The Oregon Department of State Lands (DSL) decided not to ban medium and large wakesurfing boats (over 3,500 pounds) in the Willamette River, which was requested in a petition by the Willamette Riverkeeper nonprofit organization.
In a letter sent to Willamette Riverkeeper representatives, DSL Director Vicki Walker stated a preference for the current process for reevaluating Willamette River rules, which is led by the Oregon State Marine Board (OSMB). The OSMB recently opened rulemaking in both the upper Willamette River (the Newberg Pool) and the lower Willamette River.
The DSL is tasked with regulating state owned lands while the OSMB regulates waterways.
"The concerns raised by Willamette Riverkeeper touch on the jurisdiction of several state agencies, not just DSL, and it is important for the agencies to work together on addressing the issue," Walker wrote. "DSL believes the most appropriate approach to addressing this issue is to assist OSMB as it considers how to regulate recreational boating on the Willamette River. Therefore, DSL staff has recommended against imposing the land use closure requested by Willamette Riverkeeper."
The Riverkeeper group submitted the petition because members believe wakesurfing activities create large wakes that damage docks, accelerate erosion and disrupt natural habitats.
"It is unfortunate that the Oregon Department of State Lands failed to protect the public domain by not taking appropriate action on our request," Willamette Riverkeeper Executive Director Travis Williams said in a press release. "Instead, the DSL took no action and seemingly caved to the wake boat industry, with such craft routinely costing over $100k."
On the other hand, wakesurfing proponents have said some of Willamette Riverkeeper's claims haven't been scientifically proven and that further restrictions could hinder the boating industry, among other concerns.
"The issue has nothing to do with a sport. It's the wave that's coming off of the boat. What about fishing boats, cruisers and other boats that weigh more than (wake activity boats)? It's unfairly targeting watersports families," Active Water Sports President Matt Radich told the Spokesman in November.
Walker also stated that the DSL would participate in rulemaking processes and recommended that Marine Board staff invite the Department of Environmental Quality (DEQ) and the Department of Fish and Wildlife (ODFW) to engage as well.
Willams told the Spokesman that DEQ and ODWF haven't been responsive to his requests to participate in these conversations in the past but is optimistic Walker's request will lead to more involvement.
"While we have a bit of disappointment about their overall answer I think the positive thing is that DSL is going to be at the table for these RAC (rules advisory committee) meetings and I also think that their asking the Oregon Department of Fish and Wildlife and the Department of Environmental Quality … (it) will be very helpful to have their perspective of some of the concerns that have been expressed about artificial waves," he said.

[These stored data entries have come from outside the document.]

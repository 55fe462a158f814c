-- ===== src/Search/Depth/Attempts.antt =====
-- All attempts of _emulate_depth_batch together.
use sts2_training.Base.{
  ◌≡◌, refl, ap, subst, ℕ, zero, suc, ◌≤◌, leb, Bool, true, false, Option, List, [], ◌∷◌, ◌++◌,
  length, ◌+◌, Bool-cases, arith, inl, inr,
}
use mathlib.Core.List.{Perm, append-nil}
use mathlib.Core.List.Perm
use sts2_training.Search.Frontier.{Item}
use sts2_training.Search.Depth.{
  Server, Placed, Depth, Ending, retries, stopped, raised, chunks_of, placed_from, batch_size,
  run_chunks, make_retry_item, make_retry_items, count_faults, after_attempt, attempt, fresh_depth,
  emulate_depth_batch, insert_placed, ordered_final_meta,
}
use sts2_training.Search.Depth.Recorded.{Recorded, RecordedAt, attempt-RecordedAt}
use sts2_training.Search.Depth.Chunks.{concat-chunks_of}
use sts2_training.Search.Depth.Conserved.{core, cores, all, Keeps, Keeps-run_chunks}

insert_placed-Perm :
    {S : Type 0} (p : Placed S) (ps : List (Placed S))
    → Perm (cores (insert_placed p ps)) (core p ∷ cores ps)
insert_placed-Perm p [] = Perm.rfl
insert_placed-Perm p (q ∷ qs) = elim (Bool-cases (leb p.0 q.0)) [
  | inl b ↦ rw b Perm.rfl
  | inr b ↦ rw b (
      Perm.trans (Perm.cons (core q) (insert_placed-Perm p qs))
        (Perm.swap (core p) (core q) (cores qs)))
]

ordered-Perm : {S : Type 0} (ps : List (Placed S)) → Perm (cores (ordered_final_meta ps)) (cores ps)
ordered-Perm [] = Perm.rfl
ordered-Perm (p ∷ ps) =
    Perm.trans (insert_placed-Perm p (ordered_final_meta ps)) (Perm.cons (core p) (ordered-Perm ps))

none_le : 1 ≤ 0 → ⊥
none_le h = omega arith

-- Nothing is left to repeat; the finished items are exactly the items, each with its place, its
-- parent, its proposal and its RNG; and there is one result for each, under its Branch, which
-- resolves unless at least n repetitions were counted.
abbrev pub AllFinished : {E S : Type 0} → ℕ → List (Item S) → List (Placed S) → Depth E S → Type 0
AllFinished n items qs f =
    (qs ≡ [])
    × Perm (cores (ordered_final_meta f.final_meta)) (cores (placed_from 0 items))
    × Recorded n f

-- The same of an ending that gives no reason to stop.
abbrev pub IsComplete : {E S : Type 0} → ℕ → List (Item S) → Ending S × Depth E S → Type 0
IsComplete n items (retries qs, f) = AllFinished n items qs f
IsComplete n items (stopped reason, f) = Unit
IsComplete n items (raised e, f) = Unit

module _ {E S : Type 0} (server : Server E) where
  retry-cores :
      (ps : List (Placed S)) (d : Depth E S) → cores (make_retry_items server ps d).0 ≡ cores ps
  unfolding make_retry_item
  retry-cores [] d = refl
  retry-cores (p ∷ ps) d = ap (λ xs. core p ∷ xs) (retry-cores ps (make_retry_item server p d).1)

  retry-meta :
      (ps : List (Placed S)) (d : Depth E S)
      → (make_retry_items server ps d).1.final_meta ≡ d.final_meta
  unfolding make_retry_item
  retry-meta [] d = refl
  retry-meta (p ∷ ps) d = retry-meta ps (make_retry_item server p d).1

  -- Every item is finished, unless the ending gives a reason.
  abbrev IsDone : List (Placed S) → Depth E S → Ending S × Depth E S → Type 0
  IsDone ps d (retries qs, f) = (qs ≡ []) × Perm (cores f.final_meta) (all d ps)
  IsDone ps d (stopped reason, f) = Unit
  IsDone ps d (raised e, f) = Unit

  last-IsDone :
      (ps : List (Placed S)) (d : Depth E S) (r : Ending S × Depth E S)
      → Keeps true ps d r
      → IsDone ps d r
  last-IsDone ps d (retries qs, f) h = (
    h.1 refl,
    subst (λ xs. Perm xs (all d ps)) (append-nil (cores f.final_meta))
        (subst (λ q. Perm (all f q) (all d ps)) (h.1 refl) h.0),
  )
  last-IsDone ps d (stopped reason, f) h = tt
  last-IsDone ps d (raised e, f) h = tt

  IsDone-trans :
      (ps qs : List (Placed S)) (d f : Depth E S) (r : Ending S × Depth E S)
      → Perm (all f qs) (all d ps)
      → IsDone qs f r
      → IsDone ps d r
  IsDone-trans ps qs d f (retries xs, g) h k = (k.0, Perm.trans k.1 h)
  IsDone-trans ps qs d f (stopped reason, g) h k = tt
  IsDone-trans ps qs d f (raised e, g) h k = tt

  after_attempt-IsDone :
      (next : List (Placed S) → Depth E S → Ending S × Depth E S) (ps : List (Placed S))
      (d : Depth E S) (r : Ending S × Depth E S)
      → ((qs : List (Placed S)) (f : Depth E S) → IsDone qs f (next qs f))
      → Keeps false ps d r
      → IsDone ps d (after_attempt server next r.0 r.1)
  after_attempt-IsDone next ps d (retries [], f) k h =
      (refl, subst (λ xs. Perm xs (all d ps)) (append-nil (cores f.final_meta)) h.0)
  after_attempt-IsDone next ps d (retries (q ∷ qs), f) k h =
      let g = count_faults (q ∷ qs) f in
      let r = make_retry_items server (q ∷ qs) g in
      IsDone-trans ps r.0 d r.1 (next r.0 r.1)
        (rw (retry-meta (q ∷ qs) g, retry-cores (q ∷ qs) g) h.0) (k r.0 r.1)
  after_attempt-IsDone next ps d (stopped reason, f) k h = tt
  after_attempt-IsDone next ps d (raised e, f) k h = tt

  Keeps-chunks_of :
      (size : ℕ) (again last : Bool) (ps : List (Placed S)) (d : Depth E S)
      → Keeps last ps d (run_chunks server again last (chunks_of (length ps) (suc size) ps) d)
  Keeps-chunks_of size again last ps d =
      subst
        (λ xs.
          Keeps last xs d (run_chunks server again last (chunks_of (length ps) (suc size) ps) d))
        (concat-chunks_of (length ps) size ps (omega arith))
        (Keeps-run_chunks server again last (chunks_of (length ps) (suc size) ps) d)

  attempt-IsDone :
      (size left : ℕ) (again : Bool) (ps : List (Placed S)) (d : Depth E S)
      → IsDone ps d (attempt server (suc size) left again ps d)
  attempt-IsDone size zero again ps d =
      last-IsDone ps d (run_chunks server again true (chunks_of (length ps) (suc size) ps) d)
        (Keeps-chunks_of size again true ps d)
  attempt-IsDone size (suc left) again ps d =
      after_attempt-IsDone (attempt server (suc size) left true) ps d
        (run_chunks server again false (chunks_of (length ps) (suc size) ps) d)
        (attempt-IsDone size left true) (Keeps-chunks_of size again false ps d)

  IsComplete-of_done :
      (n : ℕ) (items : List (Item S)) (d : Depth E S) (r : Ending S × Depth E S)
      → d.final_meta ≡ []
      → IsDone (placed_from 0 items) d r
      → RecordedAt n server r
      → IsComplete n items r
  IsComplete-of_done n items d (retries qs, f) e h k = (
    h.0,
    Perm.trans (ordered-Perm f.final_meta)
        (subst (λ xs. Perm (cores f.final_meta) (cores xs ++ cores (placed_from 0 items))) e h.1),
    k,
  )
  IsComplete-of_done n items d (stopped reason, f) e h k = tt
  IsComplete-of_done n items d (raised x, f) e h k = tt

  -- When the batches of a depth, which are of at least one item, end without a reason to stop: nothing
  -- is left to repeat; the finished items are exactly the items of the depth, each place once, with the
  -- parent, the proposal and the RNG of its item, in whatever Branch the item ended; there is exactly
  -- one result for each finished item, under that Branch; and each result resolves, unless as many
  -- repetitions were counted as further attempts are allowed.
  pub emulate_depth_batch-IsComplete :
      (size further : ℕ) (limit : Option ℕ) (items : List (Item S)) (d : Depth E S)
      → 1 ≤ batch_size size limit
      → IsComplete
          (d.branch_retry_faults + further)
          items
          (emulate_depth_batch server size limit further items d)
  unfolding emulate_depth_batch
  emulate_depth_batch-IsComplete size further limit items d l =
      IsComplete-of_done (d.branch_retry_faults + further) items (fresh_depth d)
        (emulate_depth_batch server size limit further items d) refl
        (by_size (batch_size size limit) l)
        (attempt-RecordedAt (d.branch_retry_faults + further) server (batch_size size limit) further
          false (placed_from 0 items) (fresh_depth d) (omega arith)
          (record { named = refl; decided = tt }))
    where
      by_size :
          (n : ℕ)
          → 1 ≤ n
          → IsDone
              (placed_from 0 items)
              (fresh_depth d)
              (attempt server n further false (placed_from 0 items) (fresh_depth d))
      by_size zero l = elim (none_le l) [ ]
      by_size (suc n) l = attempt-IsDone n further false (placed_from 0 items) (fresh_depth d)
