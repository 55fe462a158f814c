-- ===== src/Search/Depth/Live.antt =====
-- _emulate_depth_batch with a server that answers in time.
use sts2_training.Base.{
  ◌≡◌, ℕ, ◌≤◌, ◌+◌, zero, suc, Bool, true, false, Option, List, [], ◌∷◌, length, map,
}
use sts2_training.Json.{Fields}
use sts2_training.Search.Frontier.{Item}
use sts2_training.Search.Depth.Attempts.{AllFinished, IsComplete, emulate_depth_batch-IsComplete}
use sts2_training.Search.Depth.{
  answered, Server, Placed, Depth, Ending, retries, stopped, raised, chunks_of, placed_from,
  batch_size, fresh_depth, sort_out, note_created, add_retries, with_server, run_chunks,
  after_attempt, attempt, emulate_depth_batch,
}

-- There is always time left, and every call is answered.
pub record IsLive {E : Type 0} (server : Server E) : Type 0 where
  pub timely : (e : E) → (server.in_time e).0 ≡ true
  pub answers :
      (e : E) (payloads : List Fields)
      → (results : Fields) × ((server.emulate e payloads).0 ≡ answered results)

-- The ending gives no reason to stop and raises nothing.
abbrev pub Ends : {E S : Type 0} → Ending S × Depth E S → Type 0
Ends (retries qs, d) = Unit
Ends (stopped reason, d) = ⊥
Ends (raised e, d) = ⊥

-- The ending gives no reason to stop, and every item is finished.
abbrev pub Finishes : {E S : Type 0} → ℕ → List (Item S) → Ending S × Depth E S → Type 0
Finishes n items (retries qs, f) = AllFinished n items qs f
Finishes n items (stopped reason, f) = ⊥
Finishes n items (raised e, f) = ⊥

module _ {E S : Type 0} where
  finishes :
      (n : ℕ) (items : List (Item S)) (r : Ending S × Depth E S)
      → Ends r
      → IsComplete n items r
      → Finishes n items r
  finishes n items (retries qs, f) h k = k
  finishes n items (stopped reason, f) h k = h
  finishes n items (raised e, f) h k = h

  Ends-add_retries :
      (ps : List (Placed S)) (r : Ending S × Depth E S) → Ends r → Ends (add_retries ps r)
  Ends-add_retries ps (retries qs, d) h = tt
  Ends-add_retries ps (stopped reason, d) h = h
  Ends-add_retries ps (raised e, d) h = h

  module _ (server : Server E) (live : IsLive server) where
    Ends-run_chunks :
        (again last : Bool) (chunks : List (List (Placed S))) (d : Depth E S)
        → Ends (run_chunks server again last chunks d)
    Ends-run_chunks again last [] d = tt
    Ends-run_chunks again last (chunk ∷ chunks) d =
        let e = (server.in_time d.server).1 in
        let r = server.emulate e (map (λ p. p.1.payload) chunk) in
        let a = live.answers e (map (λ p. p.1.payload) chunk) in
        let f = with_server r.1 (with_server e d) in
        let s = sort_out again last a.0 chunk (note_created chunk f) in
        rw (live.timely d.server, a.1)
          (Ends-add_retries s.0 (run_chunks server again last chunks s.1)
            (Ends-run_chunks again last chunks s.1))

    Ends-after_attempt :
        (next : List (Placed S) → Depth E S → Ending S × Depth E S) (r : Ending S × Depth E S)
        → ((qs : List (Placed S)) (f : Depth E S) → Ends (next qs f))
        → Ends r
        → Ends (after_attempt server next r.0 r.1)
    Ends-after_attempt next (retries [], d) k h = tt
    Ends-after_attempt next (retries (q ∷ qs), d) k h = k _ _
    Ends-after_attempt next (stopped reason, d) k h = h
    Ends-after_attempt next (raised e, d) k h = h

    Ends-attempt :
        (size left : ℕ) (again : Bool) (ps : List (Placed S)) (d : Depth E S)
        → Ends (attempt server size left again ps d)
    Ends-attempt size zero again ps d = Ends-run_chunks again true (chunks_of (length ps) size ps) d
    Ends-attempt size (suc left) again ps d =
        Ends-after_attempt (attempt server size left true)
          (run_chunks server again false (chunks_of (length ps) size ps) d)
          (Ends-attempt size left true)
          (Ends-run_chunks again false (chunks_of (length ps) size ps) d)

    depth-Ends :
        (size further : ℕ) (limit : Option ℕ) (items : List (Item S)) (d : Depth E S)
        → Ends (emulate_depth_batch server size limit further items d)
    unfolding emulate_depth_batch
    depth-Ends size further limit items d =
        Ends-attempt (batch_size size limit) further false (placed_from 0 items) (fresh_depth d)

    -- A depth whose server answers every call in time, and
    -- whose batches are of at least one item, ends without a reason to stop and with nothing left to
    -- repeat; the finished items are exactly the items, with one result for each under its Branch, which
    -- resolves unless as many repetitions were counted as further attempts are allowed.
    pub emulate_depth_batch-Finishes :
        (size further : ℕ) (limit : Option ℕ) (items : List (Item S)) (d : Depth E S)
        → 1 ≤ batch_size size limit
        → Finishes
            (d.branch_retry_faults + further)
            items
            (emulate_depth_batch server size limit further items d)
    emulate_depth_batch-Finishes size further limit items d l =
        finishes (d.branch_retry_faults + further) items
          (emulate_depth_batch server size limit further items d)
          (depth-Ends size further limit items d)
          (emulate_depth_batch-IsComplete server size further limit items d l)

Williams has been unsatisfied with the OSMB's attempts to address issues related to wake activities, which is why the Riverkeeper group sent the petition to the DSL.
"The DSL utilized a familiar scapegoat, casting aim at another State Agency as having the power in this situation. In this case, they placed the public domain in the hands of the Oregon State Marine Board, an entity that has proven again and again it is ill-equipped to act on this issue," he said.
Williams doesn't forsee further actions by Willamette Riverkeeper other than continuing to participate in the committee processes. At a meeting in December, the Newberg Pool rules committee looked at a wide range of ideas including banning wakesurfing, rejiggering wakesurfing zones and tweaking zonal markers.